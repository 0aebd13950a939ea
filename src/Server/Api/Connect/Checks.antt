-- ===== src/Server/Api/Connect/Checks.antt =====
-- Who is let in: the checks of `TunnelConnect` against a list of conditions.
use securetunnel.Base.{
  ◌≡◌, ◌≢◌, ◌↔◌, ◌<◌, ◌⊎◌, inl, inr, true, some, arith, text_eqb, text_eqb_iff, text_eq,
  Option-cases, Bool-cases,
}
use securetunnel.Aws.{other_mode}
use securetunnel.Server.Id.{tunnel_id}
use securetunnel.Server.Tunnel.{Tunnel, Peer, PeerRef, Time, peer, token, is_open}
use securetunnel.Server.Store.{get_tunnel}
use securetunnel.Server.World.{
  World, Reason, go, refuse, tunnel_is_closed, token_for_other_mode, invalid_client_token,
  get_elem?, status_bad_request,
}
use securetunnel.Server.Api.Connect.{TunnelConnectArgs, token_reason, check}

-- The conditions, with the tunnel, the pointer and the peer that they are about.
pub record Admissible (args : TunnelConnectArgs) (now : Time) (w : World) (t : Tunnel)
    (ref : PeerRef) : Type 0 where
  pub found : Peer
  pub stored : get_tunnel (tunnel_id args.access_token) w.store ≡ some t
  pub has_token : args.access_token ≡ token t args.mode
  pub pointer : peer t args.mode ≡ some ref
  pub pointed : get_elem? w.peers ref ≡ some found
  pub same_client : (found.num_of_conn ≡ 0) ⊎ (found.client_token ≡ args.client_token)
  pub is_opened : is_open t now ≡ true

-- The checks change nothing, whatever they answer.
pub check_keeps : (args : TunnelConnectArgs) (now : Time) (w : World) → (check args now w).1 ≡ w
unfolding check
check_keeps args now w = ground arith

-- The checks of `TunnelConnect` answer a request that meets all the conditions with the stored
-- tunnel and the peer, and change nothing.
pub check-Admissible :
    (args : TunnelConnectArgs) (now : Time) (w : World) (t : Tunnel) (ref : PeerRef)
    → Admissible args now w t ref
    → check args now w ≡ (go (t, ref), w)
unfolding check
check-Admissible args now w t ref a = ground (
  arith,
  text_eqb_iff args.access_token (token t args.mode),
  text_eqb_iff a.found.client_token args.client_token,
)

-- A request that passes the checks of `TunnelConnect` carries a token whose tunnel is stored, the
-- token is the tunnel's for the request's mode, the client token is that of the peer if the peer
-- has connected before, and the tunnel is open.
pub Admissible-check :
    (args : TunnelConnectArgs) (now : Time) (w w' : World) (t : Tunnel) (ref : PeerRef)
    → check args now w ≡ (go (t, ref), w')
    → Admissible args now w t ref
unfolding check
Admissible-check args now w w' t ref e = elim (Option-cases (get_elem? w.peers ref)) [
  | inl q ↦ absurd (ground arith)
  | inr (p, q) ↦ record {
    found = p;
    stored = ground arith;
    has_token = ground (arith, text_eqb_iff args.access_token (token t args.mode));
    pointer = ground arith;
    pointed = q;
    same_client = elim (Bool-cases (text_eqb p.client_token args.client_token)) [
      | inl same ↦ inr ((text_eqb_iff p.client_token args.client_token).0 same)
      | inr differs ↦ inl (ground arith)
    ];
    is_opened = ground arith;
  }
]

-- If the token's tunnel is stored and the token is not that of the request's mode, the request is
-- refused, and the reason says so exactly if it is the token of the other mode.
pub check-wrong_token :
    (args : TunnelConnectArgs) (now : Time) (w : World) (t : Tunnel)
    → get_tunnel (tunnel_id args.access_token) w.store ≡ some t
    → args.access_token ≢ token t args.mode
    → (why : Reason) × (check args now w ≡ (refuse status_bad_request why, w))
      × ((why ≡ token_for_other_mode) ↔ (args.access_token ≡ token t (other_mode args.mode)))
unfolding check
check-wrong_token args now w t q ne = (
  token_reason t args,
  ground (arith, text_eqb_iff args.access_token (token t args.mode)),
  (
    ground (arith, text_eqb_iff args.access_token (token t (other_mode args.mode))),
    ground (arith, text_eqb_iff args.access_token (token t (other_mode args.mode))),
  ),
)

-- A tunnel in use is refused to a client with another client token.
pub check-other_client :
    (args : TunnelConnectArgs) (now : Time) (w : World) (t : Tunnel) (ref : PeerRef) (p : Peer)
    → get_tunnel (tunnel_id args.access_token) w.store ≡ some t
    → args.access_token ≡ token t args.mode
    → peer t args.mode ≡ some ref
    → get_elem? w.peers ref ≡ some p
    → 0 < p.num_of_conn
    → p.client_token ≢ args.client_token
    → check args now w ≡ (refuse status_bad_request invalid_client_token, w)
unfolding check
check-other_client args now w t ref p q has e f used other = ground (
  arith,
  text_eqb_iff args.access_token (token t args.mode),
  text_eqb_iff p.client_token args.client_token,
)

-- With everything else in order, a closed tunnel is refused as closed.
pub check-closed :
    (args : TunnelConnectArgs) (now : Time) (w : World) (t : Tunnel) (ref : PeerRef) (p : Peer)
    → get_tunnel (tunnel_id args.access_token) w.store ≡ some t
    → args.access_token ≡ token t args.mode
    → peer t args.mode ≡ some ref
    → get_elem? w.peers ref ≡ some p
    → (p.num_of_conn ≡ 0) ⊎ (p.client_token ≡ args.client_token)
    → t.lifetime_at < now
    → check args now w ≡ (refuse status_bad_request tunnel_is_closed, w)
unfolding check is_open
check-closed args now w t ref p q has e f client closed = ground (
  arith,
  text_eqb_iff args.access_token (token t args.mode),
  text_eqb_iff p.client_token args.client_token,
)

────────────────────────────────────────

A verbatim output of all the data above is needed.

**Written answer**
repository 0aebd13950a939ea
filename src/Server/Api/Connect/Checks.antt
-- ===== src/Server/Api/Connect/Checks.antt =====
-- Who is let in: the checks of `TunnelConnect` against a list of conditions.
use securetunnel.Base.{
  ◌≡◌, ◌≢◌, ◌↔◌, ◌<◌, ◌⊎◌, inl, inr, true, some, arith, text_eqb, text_eqb_iff, text_eq,
  Option-cases, Bool-cases,
}
use securetunnel.Aws.{other_mode}
use securetunnel.Server.Id.{tunnel_id}
use securetunnel.Server.Tunnel.{Tunnel, Peer, PeerRef, Time, peer, token, is_open}
use securetunnel.Server.Store.{get_tunnel}
use securetunnel.Server.World.{
  World, Reason, go, refuse, tunnel_is_closed, token_for_other_mode, invalid_client_token,
  get_elem?, status_bad_request,
}
use securetunnel.Server.Api.Connect.{TunnelConnectArgs, token_reason, check}

-- The conditions, with the tunnel, the pointer and the peer that they are about.
pub record Admissible (args : TunnelConnectArgs) (now : Time) (w : World) (t : Tunnel)
    (ref : PeerRef) : Type 0 where
  pub found : Peer
  pub stored : get_tunnel (tunnel_id args.access_token) w.store ≡ some t
  pub has_token : args.access_token ≡ token t args.mode
  pub pointer : peer t args.mode ≡ some ref
  pub pointed : get_elem? w.peers ref ≡ some found
  pub same_client : (found.num_of_conn ≡ 0) ⊎ (found.client_token ≡ args.client_token)
  pub is_opened : is_open t now ≡ true

-- The checks change nothing, whatever they answer.
pub check_keeps : (args : TunnelConnectArgs) (now : Time) (w : World) → (check args now w).1 ≡ w
unfolding check
check_keeps args now w = ground arith

-- The checks of `TunnelConnect` answer a request that meets all the conditions with the stored
-- tunnel and the peer, and change nothing.
pub check-Admissible :
    (args : TunnelConnectArgs) (now : Time) (w : World) (t : Tunnel) (ref : PeerRef)
    → Admissible args now w t ref
    → check args now w ≡ (go (t, ref), w)
unfolding check
check-Admissible args now w t ref a = ground (
  arith,
  text_eqb_iff args.access_token (token t args.mode),
  text_eqb_iff a.found.client_token args.client_token,
)

-- A request that passes the checks of `TunnelConnect` carries a token whose tunnel is stored, the
-- token is the tunnel's for the request's mode, the client token is that of the peer if the peer
-- has connected before, and the tunnel is open.
pub Admissible-check :
    (args : TunnelConnectArgs) (now : Time) (w w' : World) (t : Tunnel) (ref : PeerRef)
    → check args now w ≡ (go (t, ref), w')
    → Admissible args now w t ref
unfolding check
Admissible-check args now w w' t ref e = elim (Option-cases (get_elem? w.peers ref)) [
  | inl q ↦ absurd (ground arith)
  | inr (p, q) ↦ record {
    found = p;
    stored = ground arith;
    has_token = ground (arith, text_eqb_iff args.access_token (token t args.mode));
    pointer = ground arith;
    pointed = q;
    same_client = elim (Bool-cases (text_eqb p.client_token args.client_token)) [
      | inl same ↦ inr ((text_eqb_iff p.client_token args.client_token).0 same)
      | inr differs ↦ inl (ground arith)
    ];
    is_opened = ground arith;
  }
]

-- If the token's tunnel is stored and the token is not that of the request's mode, the request is
-- refused, and the reason says so exactly if it is the token of the other mode.
pub check-wrong_token :
    (args : TunnelConnectArgs) (now : Time) (w : World) (t : Tunnel)
    → get_tunnel (tunnel_id args.access_token) w.store ≡ some t
    → args.access_token ≢ token t args.mode
    → (why : Reason) × (check args now w ≡ (refuse status_bad_request why, w))
      × ((why ≡ token_for_other_mode) ↔ (args.access_token ≡ token t (other_mode args.mode)))
unfolding check
check-wrong_token args now w t q ne = (
  token_reason t args,
  ground (arith, text_eqb_iff args.access_token (token t args.mode)),
  (
    ground (arith, text_eqb_iff args.access_token (token t (other_mode args.mode))),
    ground (arith, text_eqb_iff args.access_token (token t (other_mode args.mode))),
  ),
)

-- A tunnel in use is refused to a client with another client token.
pub check-other_client :
    (args : TunnelConnectArgs) (now : Time) (w : World) (t : Tunnel) (ref : PeerRef) (p : Peer)
    → get_tunnel (tunnel_id args.access_token) w.store ≡ some t
    → args.access_token ≡ token t args.mode
    → peer t args.mode ≡ some ref
    → get_elem? w.peers ref ≡ some p
    → 0 < p.num_of_conn
    → p.client_token ≢ args.client_token
    → check args now w ≡ (refuse status_bad_request invalid_client_token, w)
unfolding check
check-other_client args now w t ref p q has e f used other = ground (
  arith,
  text_eqb_iff args.access_token (token t args.mode),
  text_eqb_iff p.client_token args.client_token,
)

-- With everything else in order, a closed tunnel is refused as closed.
pub check-closed :
    (args : TunnelConnectArgs) (now : Time) (w : World) (t : Tunnel) (ref : PeerRef) (p : Peer)
    → get_tunnel (tunnel_id args.access_token) w.store ≡ some t
    → args.access_token ≡ token t args.mode
    → peer t args.mode ≡ some ref
    → get_elem? w.peers ref ≡ some p
    → (p.num_of_conn ≡ 0) ⊎ (p.client_token ≡ args.client_token)
    → t.lifetime_at < now
    → check args now w ≡ (refuse status_bad_request tunnel_is_closed, w)
unfolding check is_open
check-closed args now w t ref p q has e f client closed = ground (
  arith,
  text_eqb_iff args.access_token (token t args.mode),
  text_eqb_iff p.client_token args.client_token,
)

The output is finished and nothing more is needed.